Bab 4
Setelah mengurus visa, dia pulang ke rumah. Begitu masuk pintu, dia langsung bertemu ibu tirinya yang berdandan rapi.
Melihatnya, wanita itu langsung memulai ceramah seperti biasa, "Lidya, kamu masih ingat pulang? Sudah berapa hari ini kamu nggak pulang, gadis macam apa ... "
Lidya bahkan tidak meliriknya, langsung mengambil sebuah vas porselen biru setinggi setengah badan di pintu masuk dan menghantamkannya ke lantai!
Suara benturan keras terdengar, pecahan porselen berhamburan.
Wanda Linata terkejut sampai menjerit dan mundur dua langkah.
Lidya menatapnya dengan tenang. Wajahnya yang cantik penuh sindiran dan dingin. "Kamu itu apa? Seorang perusak rumah tangga orang, apa pantas mengajari putri sah istri pertama?"
"Wanda, ingat baik-baik. Selama aku masih tinggal di rumah ini satu hari saja, kamu selamanya jangan mimpi bisa angkat kepala."
Setiap kata yang keluar dari mulut Lidya terdengar tajam dan menusuk hati, membuat wajah Wanda pucat sampai seluruh tubuhnya gemetar.
"Lidya! Kamu mengamuk apa lagi!" Pak Miko bergegas keluar dari ruang kerja saat mendengar keributan itu. Dia buru-buru menopang Wanda yang hampir jatuh, lalu menatap Lidya dengan marah. "Baru pulang sudah bikin rumah berantakan! Apa kamu nggak bisa mengerti sedikit!"

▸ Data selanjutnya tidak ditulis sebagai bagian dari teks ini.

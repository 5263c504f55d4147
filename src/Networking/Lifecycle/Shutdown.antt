-- ===== src/Networking/Lifecycle/Shutdown.antt =====
-- What `stop` of networking/tcp_server.py leaves behind, whatever its threads do in the meantime.
use mathlib.Core.Path.{subst}
use distributed_sensor_hub.Base.{
  ℕ, ◌≡◌, refl, sym, ◌∙◌, ap, Bool, true, false, ◌||◌, ◌==◌, nat_eq, arith, Bool-cases, inl, inr,
}
use distributed_sensor_hub.Base.Result.{ok, ok_inj}
use distributed_sensor_hub.Networking.Lifecycle.{
  Set, discard, Accepting, ended, accepted, tracked, threaded, Stopping, idle, joined, joining,
  Server, new_server, start, clear, started, Step, start_step, accept_step, connection_step,
  stop_step, AcceptStep, ConnectionStep, StopStep, enters, leaves, times_out, fails, accepts,
  tracks, makes_thread, launches, untracks, closes, finishes, signals, unlistens, takes_connections,
  closes_one, joins_accept, takes_threads, joins_one, clears, Reach, here, step,
}

-- The accept thread has the connection in its hands.
abbrev handing : ℕ → Accepting → Bool
handing c (accepted d) = c == d
handing c (tracked d) = c == d
handing c (threaded d) = c == d
handing c _ = false

-- `stop` has joined the accept thread.
abbrev has_joined : Stopping → Bool
has_joined joined = true
has_joined (joining left) = true
has_joined _ = false

-- A thread that runs is tracked.
abbrev Threads : Set → Set → Type 0
Threads running conn_threads = (c : ℕ) → running c ≡ true → conn_threads c ≡ true

-- An open socket has a thread that runs, or the accept thread has it.
abbrev Alive : Set → Set → Accepting → Type 0
Alive open_sockets running accepting =
    (c : ℕ) → open_sockets c ≡ true → (running c || handing c accepting) ≡ true

abbrev Fresh : Accepting → Set → Type 0
Fresh accepting running = (c : ℕ) → handing c accepting ≡ true → running c ≡ false

abbrev Ready : Accepting → Set → Type 0
Ready accepting conn_threads = (c : ℕ) → accepting ≡ threaded c → conn_threads c ≡ true

abbrev NoThread : Bool → Accepting → Type 0
NoThread accept_thread accepting = accept_thread ≡ false → accepting ≡ ended

abbrev Joined : Stopping → Bool → Type 0
Joined stopping accept_thread = has_joined stopping ≡ true → accept_thread ≡ false

-- The snapshot of `stop` holds every thread that runs.
abbrev Snapshot : Stopping → Set → Type 0
Snapshot stopping running =
    (left : Set) → stopping ≡ joining left → (c : ℕ) → running c ≡ true → left c ≡ true

abbrev IsSane : Server → Type 0
IsSane s =
    Threads s.running s.conn_threads
    × Alive s.open_sockets s.running s.accepting
    × Fresh s.accepting s.running
    × Ready s.accepting s.conn_threads
    × NoThread s.accept_thread s.accepting
    × Joined s.stopping s.accept_thread
    × Snapshot s.stopping s.running

new_server-IsSane : IsSane new_server
new_server-IsSane = (
  λ c h. absurd (cc),
  λ c h. absurd (cc),
  λ c h. absurd (cc),
  λ c h. absurd (cc),
  λ h. refl,
  λ h. refl,
  λ left h. absurd (cc),
)

AcceptStep-IsSane : {s t : Server} → AcceptStep s t → IsSane s → IsSane t
AcceptStep-IsSane (enters at go) (t, a, f, r, n, j, s) = (
  t,
  λ c o. ground (arith, a c),
  λ c g. absurd (cc),
  λ c g. absurd (cc),
  λ g. absurd (cc (n g, at)),
  j,
  s,
)
AcceptStep-IsSane (leaves at halt) (t, a, f, r, n, j, s) =
    (t, λ c o. ground (arith, a c), λ c g. absurd (cc), λ c g. absurd (cc), λ g. refl, j, s)
AcceptStep-IsSane (times_out at) (t, a, f, r, n, j, s) = (
  t,
  λ c o. ground (arith, a c),
  λ c g. absurd (cc),
  λ c g. absurd (cc),
  λ g. absurd (cc (n g, at)),
  j,
  s,
)
AcceptStep-IsSane (fails at) (t, a, f, r, n, j, s) =
    (t, λ c o. ground (arith, a c), λ c g. absurd (cc), λ c g. absurd (cc), λ g. refl, j, s)
AcceptStep-IsSane (accepts c at listening closed idle_thread no_thread) (t, a, f, r, n, j, s) = (
  t,
  λ i o. ground (arith, a i),
  λ i g. ground arith,
  λ i g. absurd (cc),
  λ g. absurd (cc (n g, at)),
  j,
  s,
)
AcceptStep-IsSane (tracks c at) (t, a, f, r, n, j, s) = (
  t,
  λ i o. ground (arith, a i),
  λ i g. ground (arith, f i),
  λ i g. absurd (cc),
  λ g. absurd (cc (n g, at)),
  j,
  s,
)
AcceptStep-IsSane (makes_thread c at) (t, a, f, r, n, j, s) = (
  λ i run. ground (arith, t i),
  λ i o. ground (arith, a i),
  λ i g. ground (arith, f i),
  λ i g. ground arith,
  λ g. absurd (cc (n g, at)),
  j,
  s,
)
AcceptStep-IsSane (launches c at) (t, a, f, r, n, j, s) = (
  λ i run. ground (arith, t i, r i),
  λ i o. ground (arith, a i),
  λ i g. absurd (cc),
  λ i g. absurd (cc),
  λ g. absurd (cc (n g, at)),
  j,
  λ left at_join i run. absurd (cc (n (j (ap has_joined at_join)), at)),
)

self : (c : ℕ) → (c == c) ≡ true
self c = ground arith

joining_inj : {x y : Set} → joining x ≡ joining y → x ≡ y
joining_inj h = cc

ConnectionStep-IsSane : {s t : Server} → ConnectionStep s t → IsSane s → IsSane t
ConnectionStep-IsSane (untracks c runs) h = h
ConnectionStep-IsSane (closes c runs gone) (t, a, f, r, n, j, s) =
    (t, λ i o. ground (arith, a i), f, r, n, j, s)
ConnectionStep-IsSane (finishes c runs closed) (t, a, f, r, n, j, s) = (
  λ i run. ground (arith, t i),
  λ i o. ground (arith, a i),
  λ i g. ground (arith, f i),
  λ i g. let idle_thread = f i (ap (handing i) g ∙ self i) in ground (arith, r i),
  n,
  j,
  λ left at_join i run. ground (arith, s left at_join i),
)

StopStep-IsSane : {s t : Server} → StopStep s t → IsSane s → IsSane t
StopStep-IsSane (signals at) (t, a, f, r, n, j, s) =
    (t, a, f, r, n, λ g. absurd (cc), λ left g. absurd (cc))
StopStep-IsSane (unlistens at) (t, a, f, r, n, j, s) =
    (t, a, f, r, n, λ g. absurd (cc), λ left g. absurd (cc))
StopStep-IsSane (takes_connections at) (t, a, f, r, n, j, s) =
    (t, a, f, r, n, λ g. absurd (cc), λ left g. absurd (cc))
StopStep-IsSane (closes_one c left at there) (t, a, f, r, n, j, s) =
    (t, λ i o. ground (arith, a i), f, r, n, λ g. absurd (cc), λ rest g. absurd (cc))
StopStep-IsSane (joins_accept left at all over) (t, a, f, r, n, j, s) =
    (t, a, f, r, λ g. over, λ g. refl, λ rest g. absurd (cc))
StopStep-IsSane (takes_threads at) (t, a, f, r, n, j, s) = (
  t,
  a,
  f,
  r,
  n,
  λ g. j (ap has_joined at),
  λ rest g i run. sym (ap (λ set. set i) (joining_inj g)) ∙ t i run,
)
StopStep-IsSane (joins_one c left at there over) (t, a, f, r, n, j, s) = (
  t,
  a,
  f,
  r,
  n,
  λ g. j (ap has_joined at),
  λ rest g i run.
      let kept : discard c left i ≡ true = ground (arith, s left at i) in
      sym (ap (λ set. set i) (joining_inj g)) ∙ kept,
)
StopStep-IsSane (clears left at all) (t, a, f, r, n, j, s) = (
  λ i run. absurd (cc (s left at i run, all i)),
  a,
  f,
  λ i g. absurd (cc (n (j (ap has_joined at)), g)),
  n,
  λ g. absurd (cc),
  λ rest g. absurd (cc),
)

started-IsSane :
    (s : Server) → s.stopping ≡ idle → s.accept_thread ≡ false → IsSane s → IsSane (started s)
started-IsSane server rest off (t, a, f, r, n, j, s) =
    let over = n off in
    (
      t,
      λ c o. ground (arith, a c),
      λ c g. absurd (cc),
      λ c g. absurd (cc),
      λ g. absurd (cc),
      λ g. absurd (cc (rest, g)),
      λ left g. absurd (cc (rest, g)),
    )

start-IsSane : (s t : Server) → s.stopping ≡ idle → start s ≡ ok t → IsSane s → IsSane t
unfolding start
start-IsSane s t rest made h = elim (Bool-cases s.accept_thread) [
  | inl on ↦ absurd (ground arith)
  | inr off ↦ subst IsSane (ok_inj (rw off at made)) (started-IsSane s rest off h)
]

Step-IsSane : {s t : Server} → Step s t → IsSane s → IsSane t
Step-IsSane {s} {t} (start_step rest made) h = start-IsSane s t rest made h
Step-IsSane (accept_step move) h = AcceptStep-IsSane move h
Step-IsSane (connection_step move) h = ConnectionStep-IsSane move h
Step-IsSane (stop_step move) h = StopStep-IsSane move h

Reach-IsSane : {s : Server} → Reach new_server s → IsSane s
Reach-IsSane here = new_server-IsSane
Reach-IsSane (step r move) = Step-IsSane move (Reach-IsSane r)

-- Nothing of the server is left, and it can be started again.
abbrev pub IsQuiet : Server → Type 0
IsQuiet s =
    (s.accepting ≡ ended)
    × (s.listening ≡ false)
    × ((c : ℕ)
        → (s.running c ≡ false)
          × (s.open_sockets c ≡ false)
          × (s.connections c ≡ false)
          × (s.conn_threads c ≡ false))
    × ((t : Server) × (start s ≡ ok t))

-- When `stop` has joined the threads of its snapshot, the server is quiet, whatever its threads did in the
-- meantime, connections that the accept thread took after `stop` closed the others included: no thread
-- runs, no socket is open, nothing is tracked, and `start` works again.
pub clear-IsQuiet :
    (s : Server) (left : Set)
    → Reach new_server s
    → s.stopping ≡ joining left
    → ((c : ℕ) → left c ≡ false)
    → IsQuiet (clear s)
unfolding start
clear-IsQuiet server left reached at all =
    let (t, a, f, r, n, j, s) = Reach-IsSane reached in
    let off = j (ap has_joined at) in
    let over = n off in
    (
      over,
      refl,
      λ c.
          let unused : server.running c ≡ false = elim (Bool-cases (server.running c)) [
            | inl run ↦ absurd (cc (s left at c run, all c))
            | inr idle_thread ↦ idle_thread
          ] in
          (unused, ground (arith, a c), refl, refl),
      (started (clear server), ground arith),
    )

Melihat ayahnya melindungi wanita itu, hati Lidya sudah lama membeku, hanya tersisa ejekan tanpa batas.
Dia tertawa pendek. "Aku yang bikin rumah berantakan?"
"Baik. Asal kamu berikan bagian warisan yang seharusnya jadi milikku lebih awal, aku akan pergi ke luar negeri, dan nggak akan kembali mengganggu kalian."

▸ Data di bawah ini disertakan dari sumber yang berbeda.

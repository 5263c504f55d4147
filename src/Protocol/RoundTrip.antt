-- ===== src/Protocol/RoundTrip.antt =====
-- `Message.from_json` of protocol/message.py against `to_dict`, and what it accepts.
use distributed_sensor_hub.Base.{◌≡◌, refl, ap, ◌∙◌, some, arith, String, string_eq}
use distributed_sensor_hub.Base.Int.{ℤ}
use distributed_sensor_hub.Base.Result.{Exception, ok, raise, value_error}
use distributed_sensor_hub.Protocol.Message.{
  MessageType, join_request, peer_list, ping, pong, sensor_update, gossip_state, full_sync_request,
  full_sync_response, error, ack, type_name, message_type, Message, or_now, init, to_dict,
  from_sender, from_type, from_json, Codec, encode, decode,
}
use distributed_sensor_hub.Value.{
  Value, null, str, obj, Fields, end, field, PyInt, whole, flag, of_int, as_int, get, get_or,
  or_value, truthy,
}

-- A type is found again by its name.
pub message_type-type_name : (t : MessageType) → message_type (str (type_name t)) ≡ some t
unfolding message_type type_name string_eq
message_type-type_name join_request = refl
message_type-type_name peer_list = refl
message_type-type_name ping = refl
message_type-type_name pong = refl
message_type-type_name sensor_update = refl
message_type-type_name gossip_state = refl
message_type-type_name full_sync_request = refl
message_type-type_name full_sync_response = refl
message_type-type_name error = refl
message_type-type_name ack = refl

init-Message :
    (t : MessageType) (s : String) (payload : Fields) (time : PyInt) (now : ℤ)
    → init t (str s) (obj payload) (of_int time) now
      ≡ ok (record { msg_type = t; sender_id = s; payload = payload; timestamp = time })
unfolding init or_now truthy
init-Message t s end (whole n) now = refl
init-Message t s end (flag b) now = refl
init-Message t s (field k v fs) (whole n) now = refl
init-Message t s (field k v fs) (flag b) now = refl

pub from_json-to_dict : (m : Message) (now : ℤ) → from_json (obj (to_dict m)) now ≡ ok m
unfolding from_json to_dict get_or string_eq
from_json-to_dict m now =
    rw (message_type-type_name, from_json, from_type)
      (init-Message m.msg_type m.sender_id m.payload m.timestamp now)

-- JSON reads back what it wrote for the message.
abbrev pub Reads : Codec → Message → Type 0
Reads codec m = codec.loads (codec.dumps (obj (to_dict m))) ≡ some (obj (to_dict m))

-- A message that was encoded is decoded to itself, payload and timestamp included, if the JSON
-- library reads back what it wrote for it.
pub decode-encode :
    (codec : Codec) (m : Message) (now : ℤ)
    → Reads codec m
    → decode codec (encode codec m) now ≡ ok m
unfolding decode encode
decode-encode codec m now h = rw (h, decode) (from_json-to_dict m now)

-- Decoding never fails but by a `ValueError`.
init-raise :
    (t : MessageType) (s p time : Value) (now : ℤ) {e : Exception}
    → init t s p time now ≡ raise e
    → e ≡ value_error
unfolding init
init-raise t s p time now h = ground arith

from_sender-raise :
    (t : MessageType) (s p time : Value) (now : ℤ) {e : Exception}
    → from_sender t s p time now ≡ raise e
    → e ≡ value_error
unfolding from_sender
from_sender-raise t null p time now h = ground arith
from_sender-raise t s p time now h = init-raise t _ p time now h

from_type-raise :
    (type s p time : Value) (now : ℤ) {e : Exception}
    → from_type type s p time now ≡ raise e
    → e ≡ value_error
unfolding from_type
from_type-raise null s p time now h = ground arith
from_type-raise type s p time now h = grind (arith, from_sender-raise)

-- Whatever JSON value arrives, `from_json` fails by a `ValueError` or not at all.
pub from_json-raise :
    (raw : Value) (now : ℤ) {e : Exception} → from_json raw now ≡ raise e → e ≡ value_error
unfolding from_json
from_json-raise (obj fs) now h = from_type-raise _ _ _ _ now h
from_json-raise raw now h = ground arith

-- What `from_json` takes for the message `m`.
pub record Accepts (fs : Fields) (now : ℤ) (m : Message) : Type 0 where
  pub named : message_type (get "type" fs) ≡ some m.msg_type
  pub sender : get "sender_id" fs ≡ str m.sender_id
  pub payload : or_value (get_or "payload" (obj end) fs) (obj end) ≡ obj m.payload
  pub timestamp : as_int (or_now (get "timestamp" fs) now) ≡ some m.timestamp

init-Accepts :
    (t : MessageType) (s p time : Value) (now : ℤ) {m : Message}
    → init t s p time now ≡ ok m
    → (t ≡ m.msg_type)
      × (s ≡ str m.sender_id)
      × (or_value p (obj end) ≡ obj m.payload)
      × (as_int (or_now time now) ≡ some m.timestamp)
unfolding init
init-Accepts t s p time now h = ground arith

from_sender-Accepts :
    (t : MessageType) (s p time : Value) (now : ℤ) {m : Message}
    → from_sender t s p time now ≡ ok m
    → init t s p time now ≡ ok m
unfolding from_sender
from_sender-Accepts t null p time now h = cc
from_sender-Accepts t s p time now h = h

from_type-Accepts :
    (type s p time : Value) (now : ℤ) {m : Message}
    → from_type type s p time now ≡ ok m
    → (t : MessageType) × (message_type type ≡ some t) × (from_sender t s p time now ≡ ok m)
unfolding from_type
from_type-Accepts null s p time now h = absurd (cc)
from_type-Accepts type s p time now h = ground arith

-- A message that `from_json` accepts has a known type, a text for its sender, a dict for its payload
-- (any false value counts as the empty one) and a whole number for its time (`now` where it has none).
pub from_json-Accepts :
    (fs : Fields) (now : ℤ) {m : Message} → from_json (obj fs) now ≡ ok m → Accepts fs now m
unfolding from_json
from_json-Accepts fs now h =
    let (t, named, rest) = from_type-Accepts _ _ _ _ now h in
    let (kind, sender, payload, time) =
      init-Accepts t _ _ _ now (from_sender-Accepts t _ _ _ now rest) in
    record { named = named ∙ ap some kind; sender = sender; payload = payload; timestamp = time }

Miko tertegun, lalu memasang wajah peduli yang palsu. "Kamu ini bicara apa? Ke luar negeri? Kamu itu seorang gadis mau pergi buat apa? Tinggallah di sini. Rumah ini selamanya rumahmu, kita ini keluarga ... "
"Keluarga?" Lidya seperti mendengar lelucon besar. "Jangan berakting, Miko. Kamu, dia, dan Yasmin, kalianlah yang keluarga. Ibuku sudah meninggal, aku sudah nggak punya rumah."

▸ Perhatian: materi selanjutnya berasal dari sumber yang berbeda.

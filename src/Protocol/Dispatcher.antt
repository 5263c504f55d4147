-- ===== src/Protocol/Dispatcher.antt =====
-- `MessageDispatcher` of protocol/dispatcher.py. A handler acts on a state of a type `S`, which stands
-- for the node, and may raise.
use distributed_sensor_hub.Base.{
  ◌≡◌, sym, ap, ◌∙◌, Option, none, some, string_eq, Eq, if◌then◌else◌,
}
use distributed_sensor_hub.Base.Dict
use distributed_sensor_hub.Base.Dict.{Dict}
use distributed_sensor_hub.Base.Result.{Exception, Result, ok, raise, protocol_error}
use distributed_sensor_hub.Protocol.Message.{MessageType, type_name, message_type, Message}
use distributed_sensor_hub.Protocol.RoundTrip.{message_type-type_name}
use distributed_sensor_hub.Value.{str}

pub type_name_inj : (t u : MessageType) → type_name t ≡ type_name u → t ≡ u
type_name_inj t u h =
    let e : some t ≡ some u =
      sym (message_type-type_name t)
      ∙ ap (λ s. message_type (str s)) h
      ∙ message_type-type_name u in
    cc

instance unfoldable pub message_type_eq : Eq MessageType
message_type_eq = record {
  dec = λ t u. elim (string_eq.dec (type_name t) (type_name u)) [
    | yes p ↦ yes (type_name_inj t u p)
    | no n ↦ no (λ p. n (ap type_name p))
  ];
}

abbrev pub Handler : Type 0 → Type 0
Handler S = Message → S → S × Option Exception

-- `_handlers`
abbrev pub Dispatcher : Type 0 → Type 0
Dispatcher S = Dict MessageType (Handler S)

-- `register`
unfoldable pub register :
    {S : Type 0} → MessageType → Handler S → Dispatcher S → Result (Dispatcher S)
register t h d = if Dict.has t d then raise protocol_error else ok (Dict.insert t h d)

-- `dispatch`: a message without a handler is ignored, and an exception of a handler goes on.
unfoldable pub dispatch : {S : Type 0} → Dispatcher S → Message → S → S × Option Exception
dispatch d m s = elim (Dict.lookup m.msg_type d) [ none ↦ (s, none) | some handler ↦ handler m s ]
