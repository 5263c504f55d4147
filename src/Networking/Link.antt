-- ===== src/Networking/Link.antt =====
-- One connection from end to end: what tcp_client.py writes, tcp_server.py reads, decodes and dispatches.
use distributed_sensor_hub.Base.{ℕ, ◌<◌, ◌^◌, ◌≡◌, refl, ap, ◌∙◌, some, List, [], ◌∷◌, ◌++◌}
use distributed_sensor_hub.Base.Int.{ℤ}
use distributed_sensor_hub.Base.Lists.{length}
use distributed_sensor_hub.Base.Result.{ok, raise}
use distributed_sensor_hub.Networking.Client.{drain}
use distributed_sensor_hub.Networking.Client.Queue.{drain_all}
use distributed_sensor_hub.Networking.Server.{Arrival, connection_loop}
use distributed_sensor_hub.Networking.Server.Frames.{Fit, handle_all, connection_loop-frames}
use distributed_sensor_hub.Networking.Server.Recv.{content, Flows}
use distributed_sensor_hub.Protocol.Dispatcher.{Dispatcher, dispatch}
use distributed_sensor_hub.Protocol.Message.{Message, Codec, encode, decode}
use distributed_sensor_hub.Protocol.RoundTrip.{Reads, decode-encode}

module _ (codec : Codec) where
  -- The payloads of messages.
  unfoldable pub encode_all : List Message → List (List ℕ)
  encode_all [] = []
  encode_all (m ∷ ms) = encode codec m ∷ encode_all ms

  abbrev pub AllRead : List Message → Type 0
  AllRead [] = Unit
  AllRead (m ∷ ms) = Reads codec m × AllRead ms

-- The messages dispatched in order.
unfoldable pub dispatch_all : {S : Type 0} → Dispatcher S → List Message → S → S
dispatch_all d [] s = s
dispatch_all d (m ∷ ms) s = dispatch_all d ms (dispatch d m s).0

pub encode_all-append :
    (codec : Codec) (xs ys : List Message)
    → encode_all codec (xs ++ ys) ≡ encode_all codec xs ++ encode_all codec ys
unfolding encode_all
encode_all-append codec [] ys = refl
encode_all-append codec (x ∷ xs) ys = ap (encode codec x ∷◌) (encode_all-append codec xs ys)

pub dispatch_all-append :
    {S : Type 0} (d : Dispatcher S) (xs ys : List Message) (s : S)
    → dispatch_all d (xs ++ ys) s ≡ dispatch_all d ys (dispatch_all d xs s)
unfolding dispatch_all
dispatch_all-append d [] ys s = refl
dispatch_all-append d (x ∷ xs) ys s = dispatch_all-append d xs ys (dispatch d x s).0

module _ {S : Type 0} (codec : Codec) (time : S → ℤ) (d : Dispatcher S) where
  -- A round of `_connection_loop` with a frame: a frame that cannot be decoded is dropped, and so is an
  -- exception of the dispatcher. `time` is the clock of the node.
  unfoldable pub receive_frame : List ℕ → S → S
  receive_frame frame s = elim (decode codec frame (time s)) [
    | raise e ↦ s
    | ok m ↦ (dispatch d m s).0
  ]

  receive_frame-encode :
      (m : Message) (s : S) → Reads codec m → receive_frame (encode codec m) s ≡ (dispatch d m s).0
  unfolding receive_frame
  receive_frame-encode m s h = rw (decode-encode codec m (time s) h, receive_frame)

  handle_all-encode_all :
      (max_frame_size : ℕ) (ms : List Message) (s : S)
      → AllRead codec ms
      → handle_all max_frame_size receive_frame (encode_all codec ms) s ≡ dispatch_all d ms s
  unfolding handle_all encode_all dispatch_all
  handle_all-encode_all max_frame_size [] s h = refl
  handle_all-encode_all max_frame_size (m ∷ ms) s (reads, h) =
      ap (handle_all max_frame_size receive_frame (encode_all codec ms))
        (receive_frame-encode m s reads)
      ∙ handle_all-encode_all max_frame_size ms _ h

  -- What a client has queued for a peer, written by sends that all succeed, the peer's server dispatches:
  -- every message, once, in the order of the queue, though the network may cut the bytes into segments
  -- in any way and let any reads time out. The messages must be within both size limits, JSON must read
  -- back what it wrote, and the client then closes the connection.
  pub connection_loop-drain :
      (client_max server_max : ℕ) (ms : List Message) (fuel : ℕ) (arrivals : List Arrival) (s : S)
      → server_max < 2 ^ 32
      → Fit client_max (encode_all codec ms)
      → Fit server_max (encode_all codec ms)
      → AllRead codec ms
      → Flows arrivals
      → content arrivals ≡ (drain client_max (encode_all codec ms) [] []).1
      → length (encode_all codec ms) < fuel
      → connection_loop server_max receive_frame fuel arrivals s ≡ some (dispatch_all d ms s)
  connection_loop-drain client_max server_max ms fuel arrivals s small sent fits reads flows e
        enough =
      connection_loop-frames server_max receive_frame (encode_all codec ms) fuel arrivals s small
        fits flows (e ∙ ap (λ r. r.1) (drain_all client_max (encode_all codec ms) [] sent)) enough
      ∙ ap some (handle_all-encode_all server_max ms s reads)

"Langsung saja sebutkan harganya. Aku mau bagian yang seharusnya jadi milikku."
Wajah Miko langsung berubah buruk. Setelah diam lama, dia baru berpura-pura mengalah. "Ayah tahu kamu punya keluhan pada keluarga ini ... Begini saja, Ayah berikan 10 miliar dulu, kamu keluar menenangkan diri ... "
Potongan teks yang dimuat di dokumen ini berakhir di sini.